# Testing Strategy
Our testing strategy is grounded in real issues from ANN libraries (hnswlib, faiss, usearch, annoy).
## Known Failure Modes (from real issues)
### 1. Neighbor Selection Parameter Bugs
**hnswlib #635, #606**: Using `M` instead of `M_max` for layer 0 results in fewer connections than configured.

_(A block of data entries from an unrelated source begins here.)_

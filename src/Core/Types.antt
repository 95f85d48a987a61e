-- ===== src/Core/Types.antt =====
-- packages/core/src/types.ts, and the covenant's parameters of packages/covenant/src/params.ts.
-- Times and counters are natural numbers, amounts are ℤ, an optional field is an `Option`. The
-- runtime tests of a field's `typeof` hold by its type here.
use arkade_taxi.Prelude.{ℕ, ◌≡◌, ◌↔◌, Bool, true, false, ◌==◌, Option, List, Text, Bytes, arith}
use arkade_taxi.Prelude.Int.{ℤ, Number}
use arkade_taxi.Core.Fares.{AssetIdRef, AssetRule, FareSpec, ResolvedClaimMode, RequestedMode}

pub data AdvanceState : Type 0 where
  quoted locking locked recovering recycled purchased refunded recovered expired : AdvanceState

-- `===` on states, which are strings in the source.
abbrev pub state_index : AdvanceState → ℕ
state_index quoted = 0
state_index locking = 1
state_index locked = 2
state_index recovering = 3
state_index recycled = 4
state_index purchased = 5
state_index refunded = 6
state_index recovered = 7
state_index expired = 8

abbrev pub state_eq : AdvanceState → AdvanceState → Bool
state_eq a b = state_index a == state_index b

pub record Outpoint : Type 0 where
  pub txid : Text
  pub vout : Number

pub data DeadlineKind : Type 0 where
  height time : DeadlineKind

abbrev pub kind_eq : DeadlineKind → DeadlineKind → Bool
kind_eq height height = true
kind_eq height time = false
kind_eq time height = false
kind_eq time time = true

pub record ExpiryDeadline : Type 0 where
  pub kind : DeadlineKind
  pub value : ℤ

pub record FundingSnapshot : Type 0 where
  pub batch_expiry : Option ExpiryDeadline
  pub recovery_locktime : Option ExpiryDeadline
  pub operator_inputs : List Outpoint
  pub unsigned_lockup_tx : Text
  pub unsigned_lockup_id : Text

pub data TimelockType : Type 0 where
  blocks seconds : TimelockType

-- `RelativeTimelock` of the SDK, a value and its unit.
pub record RelativeTimelock : Type 0 where
  pub value : ℤ
  pub type : TimelockType

pub data AdvanceKind : Type 0 where
  covenant sponsored : AdvanceKind

pub data RecoveryRecipient : Type 0 where
  to_sender to_receiver : RecoveryRecipient

pub data ReceiverFare : Type 0 where
  sats_units asset_units_of : ℤ → ReceiverFare

pub record DustCovenantParams : Type 0 where
  pub receiver_key : Bytes
  pub sender_key : Bytes
  pub operator_key : Bytes
  pub operator_signer_key : Bytes
  pub exit_delay : RelativeTimelock
  pub dust : ℤ
  pub topup : ℤ
  pub payment_sats : Option ℤ
  pub asset_id : Option AssetIdRef
  pub locktime : ℤ
  pub recovery_recipient : Option RecoveryRecipient
  pub claim_mode : Option ResolvedClaimMode
  pub receiver_fare : Option ReceiverFare

-- `Advance`, without the fields of `SubmissionState`: those belong to the submission worker, and
-- nothing under packages/core reads or writes them.
pub record Advance : Type 0 where
  pub funding : FundingSnapshot
  pub id : Text
  pub state : AdvanceState
  pub kind : Option AdvanceKind
  pub receiver_key : Bytes
  pub sender_key : Bytes
  pub operator_key : Bytes
  pub operator_signer_key : Bytes
  pub exit_delay : RelativeTimelock
  pub dust : ℤ
  pub topup : ℤ
  pub payment_sats : Option ℤ
  pub asset_id : Option AssetIdRef
  pub asset_units : Option ℤ
  pub recovery_recipient : Option RecoveryRecipient
  pub claim_mode : Option ResolvedClaimMode
  pub locktime : ℤ
  pub covenant_address : Text
  pub fare : FareSpec
  pub receiver_fare : Option ReceiverFare
  pub outpoint : Option Outpoint
  pub spent_txid : Option Text
  pub renewals : Option ℕ
  pub last_renewed_at : Option ℕ
  pub created_at : ℕ
  pub updated_at : ℕ
  pub expires_at : ℕ

pub record Policy : Type 0 where
  pub paused : Bool
  pub max_outstanding_sats : ℤ
  pub max_per_payment_topup_sats : ℤ
  pub max_concurrent_advances : ℕ
  pub locktime_margin_blocks : ℕ
  pub locktime_margin_seconds : ℕ
  pub asset_rules : List AssetRule
  pub quote_ttl_seconds : ℕ

pub record Exposure : Type 0 where
  pub outstanding_sats : ℤ
  pub locked_count : ℕ
  pub oldest_unswept_locktime : Option ℤ

pub record QuoteRequest : Type 0 where
  pub receiver_key : Bytes
  pub sender_key : Bytes
  pub asset_id : Option AssetIdRef
  pub claim_mode : Option RequestedMode
  pub sender_sats : ℤ
  pub payment_sats : Option ℤ
  pub asset_units : Option ℤ
  pub fare_id : Option Text

pub data AdmissionWarning : Type 0 where
  custody_funds_lent custody_funds_lent_unrecoverable exposure_nearing_cap : ℤ → AdmissionWarning

-- What a decision that admits carries.
pub record Terms : Type 0 where
  pub topup : ℤ
  pub payment_sats : Option ℤ
  pub fare : FareSpec
  pub claim : ResolvedClaimMode
  pub warnings : List AdmissionWarning

pub state_eq_iff : (a b : AdvanceState) → (state_eq a b ≡ true) ↔ (a ≡ b)
state_eq_iff a b = ground arith

pub kind_eq_iff : (a b : DeadlineKind) → (kind_eq a b ≡ true) ↔ (a ≡ b)
kind_eq_iff a b = ground arith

**Our mitigation**: Property tests verify that layer 0 has expected connectivity:
```rust
#[test]
fn layer0_has_correct_connectivity() {
// Verify layer 0 uses M_max, not M
}
```
### 2. Deletion/Streaming Bugs
**hnswlib #608, #626**: Use-after-free and search failures after deleting vectors.
**Our mitigation**:
- Integration tests that add, delete, then search
- Property tests with random add/delete sequences
### 3. Normalization Bugs
**hnswlib #592**: Brute force search doesn't normalize query for cosine distance.
**Our mitigation**:
- Document the normalization requirement clearly
- Provide `normalize()` helper in examples
- Test that cosine distance returns expected values for known inputs
### 4. Integer Overflow
**faiss #4295**: `ntotal * M` overflow on 60M+ vectors with M=64.
**Our mitigation**:
- Use `usize` (64-bit on 64-bit platforms) for size calculations
- Property tests with boundary values
### 5. Quantization Issues
**usearch #405**: i8 quantization + inner product gives wrong results.
**Our mitigation**:
- Document metric compatibility for each quantization type
- Integration tests for ternary quantization recall
### 6. Small Dataset Performance
**hnswlib #618**: Suboptimal latency on small datasets (13K vectors).
**Our mitigation**:
- Document parameter guidance for different dataset sizes
- Examples show latency/recall tradeoffs
## Test Categories
### Unit Tests (`src/**/*_test.rs`)
Fast, isolated tests for individual functions.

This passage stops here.